** What the task requires **
For the records that follow, please set down exactly the lines between the one holding "lookup-fill_all fuel m k ((j, l)" and the one holding "subst (Fresh k) (some-injective _ _ hr)", inclusive, and only those.

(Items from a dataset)

[Start of Attachment]

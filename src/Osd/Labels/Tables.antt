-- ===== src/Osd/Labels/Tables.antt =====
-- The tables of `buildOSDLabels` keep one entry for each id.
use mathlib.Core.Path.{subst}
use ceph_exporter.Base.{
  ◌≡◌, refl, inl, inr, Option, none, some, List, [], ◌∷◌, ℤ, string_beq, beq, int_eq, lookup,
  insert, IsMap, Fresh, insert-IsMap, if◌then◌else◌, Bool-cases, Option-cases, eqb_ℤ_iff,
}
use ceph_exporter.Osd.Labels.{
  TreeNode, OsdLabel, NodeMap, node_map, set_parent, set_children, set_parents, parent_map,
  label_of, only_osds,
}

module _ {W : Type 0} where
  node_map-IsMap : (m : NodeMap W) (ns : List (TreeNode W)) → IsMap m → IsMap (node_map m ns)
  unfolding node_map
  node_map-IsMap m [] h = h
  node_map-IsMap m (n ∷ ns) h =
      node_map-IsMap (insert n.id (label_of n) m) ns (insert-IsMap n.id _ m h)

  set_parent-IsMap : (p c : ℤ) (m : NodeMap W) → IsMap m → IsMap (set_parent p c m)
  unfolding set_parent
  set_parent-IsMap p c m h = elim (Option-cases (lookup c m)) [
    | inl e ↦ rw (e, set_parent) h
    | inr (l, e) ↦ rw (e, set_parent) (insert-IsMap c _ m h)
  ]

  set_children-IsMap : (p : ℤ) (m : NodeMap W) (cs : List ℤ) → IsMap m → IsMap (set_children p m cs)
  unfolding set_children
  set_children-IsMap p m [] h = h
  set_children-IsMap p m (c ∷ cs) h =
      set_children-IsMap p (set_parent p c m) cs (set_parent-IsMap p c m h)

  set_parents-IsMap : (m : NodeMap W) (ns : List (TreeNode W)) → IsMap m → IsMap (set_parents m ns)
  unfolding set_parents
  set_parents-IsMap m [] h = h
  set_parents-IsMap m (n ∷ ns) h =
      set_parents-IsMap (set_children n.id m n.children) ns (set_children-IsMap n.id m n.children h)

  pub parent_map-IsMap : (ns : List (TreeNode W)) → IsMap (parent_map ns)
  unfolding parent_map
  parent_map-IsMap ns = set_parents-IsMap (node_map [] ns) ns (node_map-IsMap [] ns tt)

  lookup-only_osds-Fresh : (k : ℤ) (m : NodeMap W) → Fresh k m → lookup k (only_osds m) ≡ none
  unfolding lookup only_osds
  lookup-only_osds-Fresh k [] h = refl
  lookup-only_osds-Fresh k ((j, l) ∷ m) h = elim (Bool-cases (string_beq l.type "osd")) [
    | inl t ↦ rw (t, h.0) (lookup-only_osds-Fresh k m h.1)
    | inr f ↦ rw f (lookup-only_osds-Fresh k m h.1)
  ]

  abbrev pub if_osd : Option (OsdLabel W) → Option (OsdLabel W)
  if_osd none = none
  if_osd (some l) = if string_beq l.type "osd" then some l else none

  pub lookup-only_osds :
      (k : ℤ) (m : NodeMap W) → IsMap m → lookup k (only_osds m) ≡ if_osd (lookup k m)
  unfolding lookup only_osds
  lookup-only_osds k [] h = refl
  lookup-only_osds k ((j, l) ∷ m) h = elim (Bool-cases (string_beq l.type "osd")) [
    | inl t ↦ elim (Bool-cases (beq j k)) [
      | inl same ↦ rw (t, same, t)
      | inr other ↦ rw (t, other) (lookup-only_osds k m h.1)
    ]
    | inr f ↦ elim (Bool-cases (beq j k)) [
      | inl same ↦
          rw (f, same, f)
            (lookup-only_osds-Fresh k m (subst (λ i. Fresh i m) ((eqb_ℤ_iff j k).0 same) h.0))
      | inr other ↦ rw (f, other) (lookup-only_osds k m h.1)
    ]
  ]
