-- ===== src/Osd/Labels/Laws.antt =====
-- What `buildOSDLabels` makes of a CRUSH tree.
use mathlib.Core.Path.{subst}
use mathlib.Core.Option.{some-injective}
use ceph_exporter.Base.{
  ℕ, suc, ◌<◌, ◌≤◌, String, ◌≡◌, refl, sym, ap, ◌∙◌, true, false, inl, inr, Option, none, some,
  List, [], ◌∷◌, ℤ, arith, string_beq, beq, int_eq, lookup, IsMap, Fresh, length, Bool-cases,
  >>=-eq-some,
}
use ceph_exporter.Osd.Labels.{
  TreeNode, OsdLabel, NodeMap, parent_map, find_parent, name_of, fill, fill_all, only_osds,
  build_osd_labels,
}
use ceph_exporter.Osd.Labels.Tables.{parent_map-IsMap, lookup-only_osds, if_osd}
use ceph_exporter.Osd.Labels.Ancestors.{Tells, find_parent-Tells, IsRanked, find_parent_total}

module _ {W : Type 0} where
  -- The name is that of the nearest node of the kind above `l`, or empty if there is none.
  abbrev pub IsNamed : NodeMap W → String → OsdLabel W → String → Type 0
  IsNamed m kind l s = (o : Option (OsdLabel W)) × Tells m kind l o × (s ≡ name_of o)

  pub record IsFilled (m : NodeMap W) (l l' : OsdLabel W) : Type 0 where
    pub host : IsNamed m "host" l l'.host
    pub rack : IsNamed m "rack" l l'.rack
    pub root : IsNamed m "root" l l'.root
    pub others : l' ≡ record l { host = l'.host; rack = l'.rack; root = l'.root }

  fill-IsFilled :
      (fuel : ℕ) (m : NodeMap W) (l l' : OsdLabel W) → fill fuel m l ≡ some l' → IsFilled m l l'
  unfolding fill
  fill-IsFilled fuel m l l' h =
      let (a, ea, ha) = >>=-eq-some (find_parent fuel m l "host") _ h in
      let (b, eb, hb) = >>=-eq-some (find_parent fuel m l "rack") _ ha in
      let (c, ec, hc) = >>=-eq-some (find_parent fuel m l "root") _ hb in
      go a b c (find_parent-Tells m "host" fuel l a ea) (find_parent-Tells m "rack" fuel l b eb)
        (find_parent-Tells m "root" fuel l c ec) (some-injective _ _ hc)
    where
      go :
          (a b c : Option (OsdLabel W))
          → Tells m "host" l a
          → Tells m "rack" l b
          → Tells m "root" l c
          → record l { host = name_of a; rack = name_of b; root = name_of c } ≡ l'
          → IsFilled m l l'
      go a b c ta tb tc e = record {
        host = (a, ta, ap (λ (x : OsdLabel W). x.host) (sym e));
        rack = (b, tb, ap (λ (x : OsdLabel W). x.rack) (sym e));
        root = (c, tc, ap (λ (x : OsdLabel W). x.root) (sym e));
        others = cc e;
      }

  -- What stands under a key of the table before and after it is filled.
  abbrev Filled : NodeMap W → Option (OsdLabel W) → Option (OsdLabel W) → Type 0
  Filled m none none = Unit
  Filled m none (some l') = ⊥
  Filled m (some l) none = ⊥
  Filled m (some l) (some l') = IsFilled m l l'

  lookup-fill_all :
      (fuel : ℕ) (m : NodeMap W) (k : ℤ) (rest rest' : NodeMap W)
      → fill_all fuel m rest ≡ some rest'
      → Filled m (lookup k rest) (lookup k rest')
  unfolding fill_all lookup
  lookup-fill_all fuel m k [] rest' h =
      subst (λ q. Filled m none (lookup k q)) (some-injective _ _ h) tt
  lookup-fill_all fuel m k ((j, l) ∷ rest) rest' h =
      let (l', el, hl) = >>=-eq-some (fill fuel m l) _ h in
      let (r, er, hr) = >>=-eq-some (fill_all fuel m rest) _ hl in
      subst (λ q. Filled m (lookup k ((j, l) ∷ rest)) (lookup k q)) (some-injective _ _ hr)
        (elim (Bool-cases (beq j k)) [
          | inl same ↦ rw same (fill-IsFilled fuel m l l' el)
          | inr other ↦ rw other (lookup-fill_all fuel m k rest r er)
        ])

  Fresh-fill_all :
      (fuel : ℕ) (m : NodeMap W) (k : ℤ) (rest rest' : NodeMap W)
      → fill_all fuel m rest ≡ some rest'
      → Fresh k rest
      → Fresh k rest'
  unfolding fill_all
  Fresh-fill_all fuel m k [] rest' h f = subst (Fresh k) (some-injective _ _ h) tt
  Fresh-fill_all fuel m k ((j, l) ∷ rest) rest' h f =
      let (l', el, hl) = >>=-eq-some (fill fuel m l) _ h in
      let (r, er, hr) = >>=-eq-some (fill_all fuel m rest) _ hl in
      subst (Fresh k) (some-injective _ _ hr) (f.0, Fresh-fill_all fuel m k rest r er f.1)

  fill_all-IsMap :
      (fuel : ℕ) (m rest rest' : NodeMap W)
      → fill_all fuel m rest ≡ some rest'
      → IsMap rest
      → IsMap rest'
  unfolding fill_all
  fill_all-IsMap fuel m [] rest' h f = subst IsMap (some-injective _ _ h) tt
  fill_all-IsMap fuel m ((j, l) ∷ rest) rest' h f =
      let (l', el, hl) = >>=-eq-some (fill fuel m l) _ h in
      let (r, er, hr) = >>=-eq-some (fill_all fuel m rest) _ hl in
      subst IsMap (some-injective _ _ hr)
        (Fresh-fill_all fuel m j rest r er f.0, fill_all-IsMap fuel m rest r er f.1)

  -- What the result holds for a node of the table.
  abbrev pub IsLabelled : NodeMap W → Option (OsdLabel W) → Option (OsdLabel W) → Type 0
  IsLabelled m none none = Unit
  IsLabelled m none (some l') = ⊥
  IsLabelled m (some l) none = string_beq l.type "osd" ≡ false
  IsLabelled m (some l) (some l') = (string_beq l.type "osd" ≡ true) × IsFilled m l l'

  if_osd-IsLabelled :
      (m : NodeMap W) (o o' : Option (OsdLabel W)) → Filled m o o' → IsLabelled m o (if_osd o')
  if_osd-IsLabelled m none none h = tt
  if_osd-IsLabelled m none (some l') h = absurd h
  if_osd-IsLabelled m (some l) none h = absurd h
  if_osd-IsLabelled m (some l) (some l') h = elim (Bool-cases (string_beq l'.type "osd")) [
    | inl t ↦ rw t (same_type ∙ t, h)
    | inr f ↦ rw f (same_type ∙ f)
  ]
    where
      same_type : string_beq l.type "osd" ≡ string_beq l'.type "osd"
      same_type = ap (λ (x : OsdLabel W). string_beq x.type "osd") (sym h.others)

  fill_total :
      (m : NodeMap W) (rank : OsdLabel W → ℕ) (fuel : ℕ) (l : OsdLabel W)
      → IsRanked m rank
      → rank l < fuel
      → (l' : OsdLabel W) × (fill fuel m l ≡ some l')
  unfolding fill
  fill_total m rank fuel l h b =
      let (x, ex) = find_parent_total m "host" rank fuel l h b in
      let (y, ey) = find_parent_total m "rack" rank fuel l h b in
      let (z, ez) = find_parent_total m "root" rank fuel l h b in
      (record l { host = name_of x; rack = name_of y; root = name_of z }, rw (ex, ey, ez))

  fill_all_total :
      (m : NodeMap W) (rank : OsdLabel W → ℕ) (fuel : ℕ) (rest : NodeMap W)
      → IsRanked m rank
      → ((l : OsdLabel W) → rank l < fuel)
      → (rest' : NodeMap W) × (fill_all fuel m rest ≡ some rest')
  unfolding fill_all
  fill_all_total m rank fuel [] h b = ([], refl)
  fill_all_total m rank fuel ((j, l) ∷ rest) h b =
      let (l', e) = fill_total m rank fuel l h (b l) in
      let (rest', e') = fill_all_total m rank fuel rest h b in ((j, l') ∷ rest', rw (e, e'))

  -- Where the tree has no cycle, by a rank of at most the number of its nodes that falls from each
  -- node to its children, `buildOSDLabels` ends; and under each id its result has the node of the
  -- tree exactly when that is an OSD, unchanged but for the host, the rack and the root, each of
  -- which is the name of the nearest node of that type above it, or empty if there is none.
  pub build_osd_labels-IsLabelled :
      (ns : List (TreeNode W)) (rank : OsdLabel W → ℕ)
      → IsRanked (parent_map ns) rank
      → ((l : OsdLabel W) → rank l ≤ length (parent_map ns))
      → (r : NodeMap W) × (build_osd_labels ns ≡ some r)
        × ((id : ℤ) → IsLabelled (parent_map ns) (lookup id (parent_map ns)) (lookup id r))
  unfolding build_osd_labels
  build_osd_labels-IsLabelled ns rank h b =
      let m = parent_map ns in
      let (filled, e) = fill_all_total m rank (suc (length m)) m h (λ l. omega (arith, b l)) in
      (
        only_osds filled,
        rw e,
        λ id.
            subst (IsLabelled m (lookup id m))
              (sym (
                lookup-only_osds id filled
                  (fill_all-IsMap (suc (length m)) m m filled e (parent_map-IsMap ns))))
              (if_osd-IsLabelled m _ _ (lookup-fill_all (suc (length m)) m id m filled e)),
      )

[End of Attachment]

** Written response **
  lookup-fill_all fuel m k ((j, l) ∷ rest) rest' h =
      let (l', el, hl) = >>=-eq-some (fill fuel m l) _ h in
      let (r, er, hr) = >>=-eq-some (fill_all fuel m rest) _ hl in
      subst (λ q. Filled m (lookup k ((j, l) ∷ rest)) (lookup k q)) (some-injective _ _ hr)
        (elim (Bool-cases (beq j k)) [
          | inl same ↦ rw same (fill-IsFilled fuel m l l' el)
          | inr other ↦ rw other (lookup-fill_all fuel m k rest r er)
        ])

  Fresh-fill_all :
      (fuel : ℕ) (m : NodeMap W) (k : ℤ) (rest rest' : NodeMap W)
      → fill_all fuel m rest ≡ some rest'
      → Fresh k rest
      → Fresh k rest'
  unfolding fill_all
  Fresh-fill_all fuel m k [] rest' h f = subst (Fresh k) (some-injective _ _ h) tt
  Fresh-fill_all fuel m k ((j, l) ∷ rest) rest' h f =
      let (l', el, hl) = >>=-eq-some (fill fuel m l) _ h in
      let (r, er, hr) = >>=-eq-some (fill_all fuel m rest) _ hl in
      subst (Fresh k) (some-injective _ _ hr) (f.0, Fresh-fill_all fuel m k rest r er f.1)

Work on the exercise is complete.